Dzisiaj bardzo bolał mnie brzuch już nawet rozważałam czy nie brać nospa ale na szczęście przeszło. U mnie to chyba bóle z nerwów. W sumie to cieszę się ostatecznie na to L4 będę mogła odpocząć psychicznie bo dotychczas ostatnie miesiące bardzo były stresujące. Mam tylko nadzieję że nie wpłynęło to negatywnie na Franka.
-
Hiszpaneczka fajnie,że dzidziuś aktywny a niech ćwiczy mięśnie
No hormony tarczycy trzeba często kontrolować-ja wróciłam do dawki 50mg bo 4tyg.temu tsh mi spadło do 0,32 a hotdogi z musztardą i ketchupem pyyycha
Ja biorę acard i heparynę i krew nadal gęsta -w czwartek będę z lekarzem rozważać zwiększenie dawki do 0,6 ml
Pora spać tylko jeszcze żebym umiała zasnąć -
Ja zwykłą neutrogeną smaruje i to od święta.

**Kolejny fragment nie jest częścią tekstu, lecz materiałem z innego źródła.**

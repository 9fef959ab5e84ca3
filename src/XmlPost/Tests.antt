-- ===== src/XmlPost/Tests.antt =====
-- Runs on posts, and the theorems at concrete posts.
use fbbs.Common.{ℕ, ◌≡◌, refl, false, none, some, List, [], ◌∷◌, ◌++◌}
use fbbs.Common.Run.{ok, fault, bad_access}
use fbbs.Text.Case.{to_lower}
use fbbs.Common.CString.{begins_with}
use fbbs.XmlPost.{begins_with_case, memstr, get_line_end, escape, escape_char}
use fbbs.XmlPost.Ansi.{
  open_color, plain_color, parse_ansi_code, code_loop, set_code, number, merge, print_ansi_text,
  ansi_loop, decimal,
}
use fbbs.XmlPost.Ansi.Colours.{IsColor, plain-IsColor}
use fbbs.XmlPost.Paragraph.{
  strchr, is_url, get_url, print_url, find_url, paragraph_loop, Options, print_paragraph,
}
use fbbs.XmlPost.Body.{is_blank, print_line, is_quote, is_signature, body_loop, print_body}
use fbbs.XmlPost.Header.{
  range, print_fields, to_int, read_digits, read_signed, skip_blanks, skip_blanks, strtol,
  read_date, parse_header_date, line_end, memrchr, memchr_loop, memchr, find_title, find_board,
  find_nick, find_fields, print_header, Platform, xml_print_post, sender_string,
}
use fbbs.XmlPost.Content.{attributes}
use fbbs.XmlPost.Ansi.Parameters.{parameters, numbers, recolour_all}
use fbbs.XmlPost.Ansi.Pieces.{split}
use fbbs.XmlPost.Ansi.Elements.{quoted, elements, print_ansi_text_lem}
use fbbs.XmlPost.Body.Structure.{print_body_lem}
use fbbs.XmlPost.Body.Lines.{InPart, lines}
use fbbs.XmlPost.Body.{open_part}
use fbbs.XmlPost.Escape.{read_text, shown, escape_round_trip}

abbrev same_text : List ℕ → List ℕ
same_text s = s

abbrev all_shown : Options
all_shown = record { no_sig = false; no_quote_img = false; no_sig_img = false }

-- ESC [1;31m
abbrev red : List ℕ
red = 27 ∷ 91 ∷ 49 ∷ 59 ∷ 51 ∷ 49 ∷ 109 ∷ []

reads_red :
    parse_ansi_code (91 ∷ 49 ∷ 59 ∷ 51 ∷ 49 ∷ 109 ∷ 65 ∷ []) plain_color
    ≡ (65 ∷ [], record { hl = 1; fg = 31; bg = 40 })
unfolding parse_ansi_code code_loop set_code number merge
reads_red = refl

prints_red :
    print_ansi_text same_text (60 ∷ (red ++ 65 ∷ [])) plain_color
    ≡ ok (
      38 ∷ 108 ∷ 116 ∷ 59 ∷ 60 ∷ 99 ∷ 32 ∷ 104 ∷ 61 ∷ 39 ∷ 49 ∷ 39 ∷ 32 ∷ 102 ∷ 61 ∷ 39 ∷ 51 ∷ 49
          ∷ 39 ∷ 32 ∷ 98 ∷ 61 ∷ 39 ∷ 52 ∷ 48 ∷ 39 ∷ 62 ∷ 65 ∷ 60 ∷ 47 ∷ 99 ∷ 62 ∷ [],
      record { hl = 1; fg = 31; bg = 40 },
    )
unfolding print_ansi_text ansi_loop parse_ansi_code code_loop set_code number merge decimal escape
    escape_char
prints_red = refl

print_ansi_text_lem_example :
    (print_ansi_text same_text (60 ∷ (red ++ 65 ∷ [])) plain_color
      ≡ ok (
        (38 ∷ 108 ∷ 116 ∷ 59 ∷ [])
            ++ (open_color (record { hl = 1; fg = 31; bg = 40 }) ++ 65 ∷ 60 ∷ 47 ∷ 99 ∷ 62 ∷ []),
        record { hl = 1; fg = 31; bg = 40 },
      ))
    × IsColor (record { hl = 1; fg = 31; bg = 40 })
unfolding split elements quoted parameters numbers recolour_all number attributes decimal
print_ansi_text_lem_example =
    print_ansi_text_lem same_text (60 ∷ (red ++ 65 ∷ [])) plain_color plain-IsColor

-- "see http://a.b.cd/e&f."
abbrev linked : List ℕ
linked =
    115 ∷ 101 ∷ 101 ∷ 32 ∷ 104 ∷ 116 ∷ 116 ∷ 112 ∷ 58 ∷ 47 ∷ 47 ∷ 97 ∷ 46 ∷ 98 ∷ 46 ∷ 99 ∷ 100 ∷ 47
    ∷ 101 ∷ 38 ∷ 102 ∷ 32 ∷ 60 ∷ []

-- ": a", "b", the line of the signature, and "c".
abbrev signed : List ℕ
signed = 58 ∷ 32 ∷ 97 ∷ 10 ∷ 98 ∷ 98 ∷ 10 ∷ 45 ∷ 45 ∷ 10 ∷ 99 ∷ 99 ∷ []

print_body_lem_example :
    (out : List ℕ) × (print_body same_text all_shown signed ≡ ok (open_part 116 ++ out))
    × InPart same_text all_shown false
        ((58 ∷ 32 ∷ 97 ∷ 10 ∷ []) ∷ (98 ∷ 98 ∷ 10 ∷ []) ∷ (45 ∷ 45 ∷ 10 ∷ []) ∷ (99 ∷ 99 ∷ []) ∷ [])
        out
unfolding lines
print_body_lem_example = print_body_lem same_text all_shown (λ s h. refl) signed

escape_round_trip_example :
    read_text none (escape (60 ∷ 98 ∷ 62 ∷ 32 ∷ 27 ∷ 38 ∷ []))
    ≡ some (60 ∷ 98 ∷ 62 ∷ 0xc2 ∷ 0xa0 ∷ 38 ∷ [])
unfolding shown
escape_round_trip_example = escape_round_trip (60 ∷ 98 ∷ 62 ∷ 32 ∷ 27 ∷ 38 ∷ [])

-- A short link is printed as it is, with its "&"; a line of one byte without a newline is shown as empty.
short_link :
    print_paragraph same_text all_shown (104 ∷ 116 ∷ 116 ∷ 112 ∷ 58 ∷ 47 ∷ 47 ∷ 97 ∷ 38 ∷ 98 ∷ [])
    ≡ ok (104 ∷ 116 ∷ 116 ∷ 112 ∷ 58 ∷ 47 ∷ 47 ∷ 97 ∷ 38 ∷ 98 ∷ [])
unfolding print_paragraph paragraph_loop find_url memstr begins_with print_ansi_text ansi_loop
    print_url get_url is_url strchr escape
short_link = refl

one_byte :
    print_body same_text all_shown (65 ∷ [])
    ≡ ok (
        60 ∷ 112 ∷ 97 ∷ 32 ∷ 109 ∷ 61 ∷ 39 ∷ 116 ∷ 39 ∷ 62 ∷ 60 ∷ 112 ∷ 62 ∷ 60 ∷ 98 ∷ 114 ∷ 47 ∷ 62
        ∷ 60 ∷ 47 ∷ 112 ∷ 62 ∷ 60 ∷ 47 ∷ 112 ∷ 97 ∷ 62 ∷ [])
unfolding print_body body_loop get_line_end is_signature begins_with is_quote begins_with_case
    to_lower print_line is_blank
one_byte = refl

-- A clock that always gives the same day.
abbrev platform : Platform
platform = record { mktime = λ t. some 830000000; format_time = λ n. 100 ∷ []; convert = same_text }

-- The sender's name "o" and the nick "n".
abbrev sender : List ℕ
sender = sender_string ++ 111 ∷ 32 ∷ 40 ∷ 110 ∷ 41 ∷ []

-- Without a colon behind the nick the name of the board is read at NULL.
no_colon :
    xml_print_post platform (some (sender ++ 10 ∷ 97 ∷ 98 ∷ 10 ∷ [])) all_shown ≡ fault bad_access
unfolding xml_print_post print_header find_fields find_nick find_board memchr memchr_loop memrchr
    line_end get_line_end memstr begins_with
no_colon = refl

-- "(1996", and so on, in a line of its own.
abbrev date_line : List ℕ
date_line =
    40 ∷ 49 ∷ 57 ∷ 57 ∷ 54 ∷ 0xe5 ∷ 0xb9 ∷ 0xb4 ∷ 48 ∷ 52 ∷ 0xe6 ∷ 0x9c ∷ 0x88 ∷ 49 ∷ 57 ∷ 0xe6
    ∷ 0x97 ∷ 0xa5 ∷ 49 ∷ 49 ∷ 58 ∷ 49 ∷ 49 ∷ 58 ∷ 49 ∷ 49 ∷ 41 ∷ 10 ∷ []

-- A second line without a title is read behind its end.
no_title :
    xml_print_post platform (some (sender ++ 58 ∷ 32 ∷ 98 ∷ 10 ∷ 10 ∷ date_line)) all_shown
    ≡ fault bad_access
unfolding xml_print_post print_header find_fields find_nick find_board find_title memchr memchr_loop
    memrchr line_end get_line_end memstr begins_with parse_header_date read_date strtol skip_blanks
    read_signed read_digits to_int print_fields range
no_title = refl

abbrev titled : List ℕ
titled =
    sender
    ++ 58 ∷ 32 ∷ 98 ∷ 10 ∷ 46 ∷ 46 ∷ 46 ∷ 46 ∷ 46 ∷ 46 ∷ 46 ∷ 46 ∷ 46 ∷ 46 ∷ 116 ∷ 10 ∷ date_line

-- So is a post that ends with its header.
no_body : xml_print_post platform (some titled) all_shown ≡ fault bad_access
unfolding xml_print_post print_header find_fields find_nick find_board find_title memchr memchr_loop
    memrchr line_end get_line_end memstr begins_with parse_header_date read_date strtol skip_blanks
    read_signed read_digits to_int print_fields range print_ansi_text ansi_loop
no_body = refl

fields :
    find_fields platform titled
    ≡ ok (
        some (record {
          owner = record { begin = 11; end = 12 };
          nick = record { begin = 14; end = 15 };
          board = record { begin = 18; end = 19 };
          title = record { begin = 30; end = 31 };
          date = 830000000;
          behind = 60;
        }))
unfolding find_fields find_nick find_board find_title memchr memchr_loop memrchr line_end
    get_line_end memstr begins_with parse_header_date read_date strtol skip_blanks read_signed
    read_digits to_int
fields = refl
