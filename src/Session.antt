-- ===== src/Session.antt =====
-- The session state machine: internal/session/types.go and internal/session/realtime_session.go.
-- A method that mutates `*RealtimeSession` takes the clock reading that its `time.Now()` returns and
-- gives the new record beside its result. The mutex makes each method one atomic step.
pub mod Types
pub mod Invariant
pub mod Lanes
pub mod Steps
pub mod Audio
mod Tests
use agent_server.Prelude.{
  ℕ, Bool, true, false, not, ◌||◌, List, [], ◌∷◌, ◌++◌, is_empty, length, concat, if◌then◌else◌, ℤ,
  pos, add64, wrap, sub_ℕ, Result, ok, err,
}
use agent_server.Clock.{Time, zero_time}
use agent_server.Text.{Text, codes, format_int, text_eq}
use Types.{
  State, InputState, OutputState, CloseReason, SessionError, Bytes, StartRequest, Snapshot,
  CommittedTurn, RealtimeSession, Reply, derive_compat_state, has_id, clone_snapshot, idle_snapshot,
  new_realtime_session, unix_epoch, generated_id, session_id_for, active, closing, active, closing,
  closing, session_already_active, no_active_session,
}

-- The lines that end every accepted call: `LastActivityAt` and the derived state are set anew.
unfoldable pub touch : Time → RealtimeSession → RealtimeSession
unfolding derive_compat_state
touch now s = record s {
  current = record s.current {
    last_activity_at = now;
    state = derive_compat_state s.current.input_state s.current.output_state s.active;
  };
}

-- A call that needs an active session: it is refused without one, and else makes the change and
-- replies with a copy of the snapshot.
unfoldable pub if_active : Time → (Snapshot → Snapshot) → RealtimeSession → Reply Snapshot
unfolding touch clone_snapshot
if_active now change s =
    if s.active
    then (let t = touch now (record s { current = change s.current }) in
        (t, ok (clone_snapshot t.current)))
    else (s, err no_active_session)

unfoldable pub start : Time → StartRequest → RealtimeSession → Reply Snapshot
unfolding session_id_for derive_compat_state clone_snapshot
start now req s =
    if s.active
    then (s, err session_already_active)
    else (let c : Snapshot = record {
      session_id = session_id_for req now;
      state = derive_compat_state InputState.active OutputState.idle true;
      input_state = InputState.active;
      output_state = OutputState.idle;
      close_reason = CloseReason.unset;
      device_id = req.device_id;
      client_type = req.client_type;
      firmware_version = req.firmware_version;
      mode = req.mode;
      input_codec = req.input_codec;
      input_sample_rate = req.input_sample_rate;
      input_channels = req.input_channels;
      input_frames = pos 0;
      audio_bytes = pos 0;
      turns = pos 0;
      started_at = now;
      last_activity_at = now;
      client_can_end = req.client_can_end;
      server_can_end = req.server_can_end;
    } in
        (record { active = true; current = c; turn_audio_chunks = [] }, ok (clone_snapshot c)))

abbrev count_frame : Bytes → Snapshot → Snapshot
count_frame payload c = record c {
  input_state = InputState.active;
  input_frames = add64 c.input_frames (pos 1);
  audio_bytes = add64 c.audio_bytes (pos (length payload));
}

unfoldable pub ingest_owned_audio_frame : Time → Bytes → RealtimeSession → Reply Snapshot
unfolding if_active
ingest_owned_audio_frame now payload s =
    if s.active
    then if_active now (count_frame payload) (record s {
      turn_audio_chunks =
          if is_empty payload then s.turn_audio_chunks else s.turn_audio_chunks ++ payload ∷ [];
    })
    else (s, err no_active_session)

-- The copy of the payload is the payload, where slices are values.
unfoldable pub ingest_audio_frame : Time → Bytes → RealtimeSession → Reply Snapshot
unfolding ingest_owned_audio_frame
ingest_audio_frame now payload s = ingest_owned_audio_frame now payload s

unfoldable pub accept_text : Time → RealtimeSession → Reply Snapshot
unfolding if_active
accept_text now = if_active now (λ c. record c { input_state = InputState.active })

-- `totalBytes` only sizes the allocation.
unfoldable pub flatten_turn_audio_chunks : List Bytes → ℤ → Bytes
flatten_turn_audio_chunks [] total_bytes = []
flatten_turn_audio_chunks (chunk ∷ []) total_bytes = chunk
flatten_turn_audio_chunks (chunk ∷ next ∷ rest) total_bytes = concat (chunk ∷ next ∷ rest)

-- The output lane after a commit: playback and closing stay.
abbrev pub committed_output : OutputState → OutputState
committed_output OutputState.speaking = OutputState.speaking
committed_output OutputState.closing = OutputState.closing
committed_output _ = OutputState.thinking

unfoldable pub commit_turn : Time → RealtimeSession → Reply CommittedTurn
unfolding touch clone_snapshot flatten_turn_audio_chunks
commit_turn now s =
    if s.active
    then (let t = touch now (record s {
      current = record s.current {
        input_state = InputState.committed;
        output_state = committed_output s.current.output_state;
        turns = add64 s.current.turns (pos 1);
      };
    }) in
        (
          record t { turn_audio_chunks = [] },
          ok (record {
            snapshot = clone_snapshot t.current;
            audio_pcm = flatten_turn_audio_chunks t.turn_audio_chunks t.current.audio_bytes;
          }),
        ))
    else (s, err no_active_session)

-- The input lane when the output lane begins to think or to speak.
abbrev pub settled_input : InputState → InputState
settled_input InputState.idle = InputState.committed
settled_input InputState.closing = InputState.committed
settled_input i = i

unfoldable pub apply_compat_state : State → Snapshot → Snapshot
apply_compat_state State.idle c = record c {
  input_state = InputState.idle;
  output_state = OutputState.idle;
}
apply_compat_state State.thinking c = record c {
  input_state = settled_input c.input_state;
  output_state = OutputState.thinking;
}
apply_compat_state State.speaking c = record c {
  input_state = settled_input c.input_state;
  output_state = OutputState.speaking;
}
apply_compat_state State.closing c = record c {
  input_state = InputState.closing;
  output_state = OutputState.closing;
}
apply_compat_state _ c = record c {
  input_state = InputState.active;
  output_state = OutputState.idle;
}

unfoldable pub set_state : Time → State → RealtimeSession → Reply Snapshot
unfolding if_active apply_compat_state
set_state now st = if_active now (apply_compat_state st)

unfoldable pub normalize_input_state : InputState → InputState
normalize_input_state (InputState.other t) = InputState.active
normalize_input_state i = i

unfoldable pub normalize_output_state : OutputState → OutputState
normalize_output_state (OutputState.other t) = OutputState.idle
normalize_output_state o = o

unfoldable pub set_input_state : Time → InputState → RealtimeSession → Reply Snapshot
unfolding if_active normalize_input_state
set_input_state now i = if_active now (λ c. record c { input_state = normalize_input_state i })

unfoldable pub set_output_state : Time → OutputState → RealtimeSession → Reply Snapshot
unfolding if_active normalize_output_state
set_output_state now o = if_active now (λ c. record c { output_state = normalize_output_state o })

unfoldable pub end_session : Time → CloseReason → RealtimeSession → Reply Snapshot
unfolding if_active
end_session now reason = if_active now (λ c. record c {
  input_state = InputState.closing;
  output_state = OutputState.closing;
  close_reason = reason;
})

-- The derived state is not set anew here.
unfoldable pub clear_turn : Time → RealtimeSession → RealtimeSession
clear_turn now s = record s {
  current = record s.current { input_frames = pos 0; audio_bytes = pos 0; last_activity_at = now };
  turn_audio_chunks = [];
}

unfoldable pub reset : RealtimeSession → RealtimeSession
unfolding idle_snapshot
reset s = record { active = false; current = idle_snapshot; turn_audio_chunks = [] }

unfoldable pub snapshot : RealtimeSession → Snapshot
unfolding clone_snapshot
snapshot s = clone_snapshot s.current
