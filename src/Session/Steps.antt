-- ===== src/Session/Steps.antt =====
-- The calls that reach a session, as data, and runs of them: the methods of
-- internal/session/realtime_session.go in any order, at any clock readings.
use agent_server.Prelude.{List, [], ◌∷◌, Result, ok, err}
use agent_server.Clock.{Time}
use agent_server.Session.{
  start, ingest_audio_frame, accept_text, commit_turn, set_state, set_input_state, set_output_state,
  end_session, clear_turn, reset,
}
use agent_server.Session.Types.{
  Bytes, State, InputState, OutputState, CloseReason, StartRequest, SessionError, Snapshot,
  CommittedTurn, RealtimeSession,
}

pub data Op : Type 0 where
  start_op : StartRequest → Op
  ingest_op : Bytes → Op
  text_op : Op
  commit_op : Op
  state_op : State → Op
  input_op : InputState → Op
  output_op : OutputState → Op
  end_op : CloseReason → Op
  clear_op : Op
  reset_op : Op

-- What a call returns.
pub data Answer : Type 0 where
  shown : Snapshot → Answer
  committed_turn : CommittedTurn → Answer
  refused : SessionError → Answer
  nothing : Answer

abbrev pub show_answer : Result SessionError Snapshot → Answer
show_answer (ok c) = shown c
show_answer (err e) = refused e

abbrev pub commit_answer : Result SessionError CommittedTurn → Answer
commit_answer (ok c) = committed_turn c
commit_answer (err e) = refused e

unfoldable pub step : Time → Op → RealtimeSession → RealtimeSession × Answer
unfolding start ingest_audio_frame accept_text commit_turn set_state set_input_state
    set_output_state end_session clear_turn reset
step now (start_op req) s = let (t, r) = start now req s in (t, show_answer r)
step now (ingest_op payload) s = let (t, r) = ingest_audio_frame now payload s in (t, show_answer r)
step now text_op s = let (t, r) = accept_text now s in (t, show_answer r)
step now commit_op s = let (t, r) = commit_turn now s in (t, commit_answer r)
step now (state_op st) s = let (t, r) = set_state now st s in (t, show_answer r)
step now (input_op i) s = let (t, r) = set_input_state now i s in (t, show_answer r)
step now (output_op o) s = let (t, r) = set_output_state now o s in (t, show_answer r)
step now (end_op reason) s = let (t, r) = end_session now reason s in (t, show_answer r)
step now clear_op s = (clear_turn now s, nothing)
step now reset_op s = (reset s, nothing)

-- The state after a list of calls, each at its clock reading.
unfoldable pub run : List (Time × Op) → RealtimeSession → RealtimeSession
run [] s = s
run ((now, op) ∷ ops) s = run ops (step now op s).0

-- The answers to a list of calls.
unfoldable pub answers : List (Time × Op) → RealtimeSession → List Answer
answers [] s = []
answers ((now, op) ∷ ops) s = (step now op s).1 ∷ answers ops (step now op s).0
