-- ===== src/Session/Audio.antt =====
-- The audio of a turn: the frames that internal/session/realtime_session.go buffers are the bytes
-- that the next `CommitTurn` hands over, in order and once.
use agent_server.Prelude.{
  ◌≡◌, refl, sym, ap, ◌∙◌, Bool, true, false, List, [], ◌∷◌, ◌++◌, append-nil, append_assoc, concat,
  concat-append, map, Option, none, some, ℤ, arith,
}
use agent_server.Clock.{Time}
use agent_server.Session.{flatten_turn_audio_chunks}
use agent_server.Session.Types.{Bytes, RealtimeSession}
use agent_server.Session.Steps.{
  Op, start_op, ingest_op, commit_op, clear_op, reset_op, Answer, committed_turn, step, run,
  answers,
}

-- The specification: a flag and the bytes that wait.
pub record Intake : Type 0 where
  pub is_open : Bool
  pub pending : Bytes

-- The specification of a call: what it does to the waiting bytes, and the bytes that it hands over.
intake_at : Op → Bool → Bytes → Intake × Option Bytes
intake_at (start_op req) false p = (record { is_open = true; pending = [] }, none)
intake_at (ingest_op payload) true p = (record { is_open = true; pending = p ++ payload }, none)
intake_at commit_op true p = (record { is_open = true; pending = [] }, some p)
intake_at clear_op b p = (record { is_open = b; pending = [] }, none)
intake_at reset_op b p = (record { is_open = false; pending = [] }, none)
intake_at op b p = (record { is_open = b; pending = p }, none)

unfoldable pub intake_step : Op → Intake → Intake × Option Bytes
unfolding intake_at
intake_step op i = intake_at op i.is_open i.pending

unfoldable pub intake_run : List (Time × Op) → Intake → Intake
intake_run [] i = i
intake_run ((now, op) ∷ ops) i = intake_run ops (intake_step op i).0

-- The bytes that each call of a list hands over.
unfoldable pub intake_outputs : List (Time × Op) → Intake → List (Option Bytes)
intake_outputs [] i = []
intake_outputs ((now, op) ∷ ops) i = (intake_step op i).1 ∷ intake_outputs ops (intake_step op i).0

-- The abstract view of a session.
abbrev pub view : RealtimeSession → Intake
view s = record { is_open = s.active; pending = concat s.turn_audio_chunks }

abbrev pub handed : Answer → Option Bytes
handed (committed_turn t) = some t.audio_pcm
handed a = none

flatten-concat : (chunks : List Bytes) (n : ℤ) → flatten_turn_audio_chunks chunks n ≡ concat chunks
unfolding flatten_turn_audio_chunks
flatten-concat [] n = refl
flatten-concat (c ∷ []) n = sym (append-nil c)
flatten-concat (c ∷ d ∷ rest) n = refl

concat-push : (chunks : List Bytes) (b : Bytes) → concat (chunks ++ b ∷ []) ≡ concat chunks ++ b
concat-push chunks b = concat-append chunks (b ∷ []) ∙ rw append-nil

-- One call does to the view what the specification says, and hands over the same bytes.
step-refines :
    (now : Time) (op : Op) (s : RealtimeSession)
    → intake_step op (view s) ≡ (view (step now op s).0, handed (step now op s).1)
unfolding step intake_step
step-refines now (ingest_op []) s = ground (arith, append-nil (concat s.turn_audio_chunks))
step-refines now (ingest_op (b ∷ bs)) s = ground (arith, concat-push s.turn_audio_chunks (b ∷ bs))
step-refines now commit_op s =
    ground (arith, flatten-concat s.turn_audio_chunks s.current.audio_bytes)
step-refines now _ s = ground arith

-- The session refines the specification: after any calls the bytes that wait are those that the
-- specification has, and the calls hand over the same bytes, commit for commit.
pub run-refines :
    (ops : List (Time × Op)) (s : RealtimeSession)
    → (view (run ops s) ≡ intake_run ops (view s))
      × (map handed (answers ops s) ≡ intake_outputs ops (view s))
unfolding run answers intake_run intake_outputs
run-refines [] s = (refl, refl)
run-refines ((now, op) ∷ ops) s =
    let (later, outputs) = run-refines ops (step now op s).0 in
    let one = step-refines now op s in
    (rw one later, rw one (ap (λ rest. handed (step now op s).1 ∷ rest) outputs))

-- The calls that deliver frames, each at its clock reading.
abbrev pub frames : List (Time × Bytes) → List (Time × Op)
frames [] = []
frames ((now, payload) ∷ rest) = (now, ingest_op payload) ∷ frames rest

abbrev pub payloads : List (Time × Bytes) → Bytes
payloads [] = []
payloads ((now, payload) ∷ rest) = payload ++ payloads rest

-- One frame on an active session, in the terms of the view.
view-ingest :
    (now : Time) (payload : Bytes) (s : RealtimeSession)
    → s.active ≡ true
    → let t = (step now (ingest_op payload) s).0 in
      (t.active ≡ true) × (concat t.turn_audio_chunks ≡ concat s.turn_audio_chunks ++ payload)
unfolding intake_step
view-ingest now payload s h = ground (arith, step-refines now (ingest_op payload) s)

run-frames :
    (fs : List (Time × Bytes)) (s : RealtimeSession)
    → s.active ≡ true
    → let t = run (frames fs) s in
      (t.active ≡ true) × (concat t.turn_audio_chunks ≡ concat s.turn_audio_chunks ++ payloads fs)
unfolding run
run-frames [] s h = (h, sym (append-nil (concat s.turn_audio_chunks)))
run-frames ((now, payload) ∷ fs) s h =
    let (still, more) = view-ingest now payload s h in
    let (open_after, all_of) = run-frames fs (step now (ingest_op payload) s).0 still in
    (open_after, all_of ∙ rw more (append_assoc (concat s.turn_audio_chunks) payload (payloads fs)))

-- A commit after any frames hands over what waited before them and then every frame, in the order
-- of arrival; frames with no bytes in them change nothing.
pub commit-frames :
    (now : Time) (fs : List (Time × Bytes)) (s : RealtimeSession)
    → s.active ≡ true
    → handed (step now commit_op (run (frames fs) s)).1
      ≡ some (concat s.turn_audio_chunks ++ payloads fs)
unfolding intake_step
commit-frames now fs s h =
    let (is_open, waiting) = run-frames fs s h in
    ground (arith, is_open, waiting, step-refines now commit_op (run (frames fs) s))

Ale chcę już zacząć systematycznie, bo brzuch się robi, choć nie wiem czy póki co nie od wzdęć
-
Lilka26 wrote:Ja niestety od kiedy biorę acard 150mg to codziennie mam krew w nosie. Nigdy nie leciała sama z siebie ale jednak katar ciągle jest podbarwiony krwią.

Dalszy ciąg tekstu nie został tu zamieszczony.